**To do:** Copy exactly the last part of the listing below, beginning at the line that contains "pub mod Received" and including the final line.

**Records provided:**
* * * * *

-- ===== src/Battle.antt =====
-- workers/pvp_worker: the battles of one player against another.
pub mod State
pub mod Points
pub mod Update
pub mod Messages
pub mod Server
pub mod Loop
pub mod Fair
pub mod Fought
pub mod Handled
pub mod Received
pub mod Timed
pub mod Ticks
pub mod Attack
mod Tests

* * * * *

**Task output:**
pub mod Received
pub mod Timed
pub mod Ticks
pub mod Attack
mod Tests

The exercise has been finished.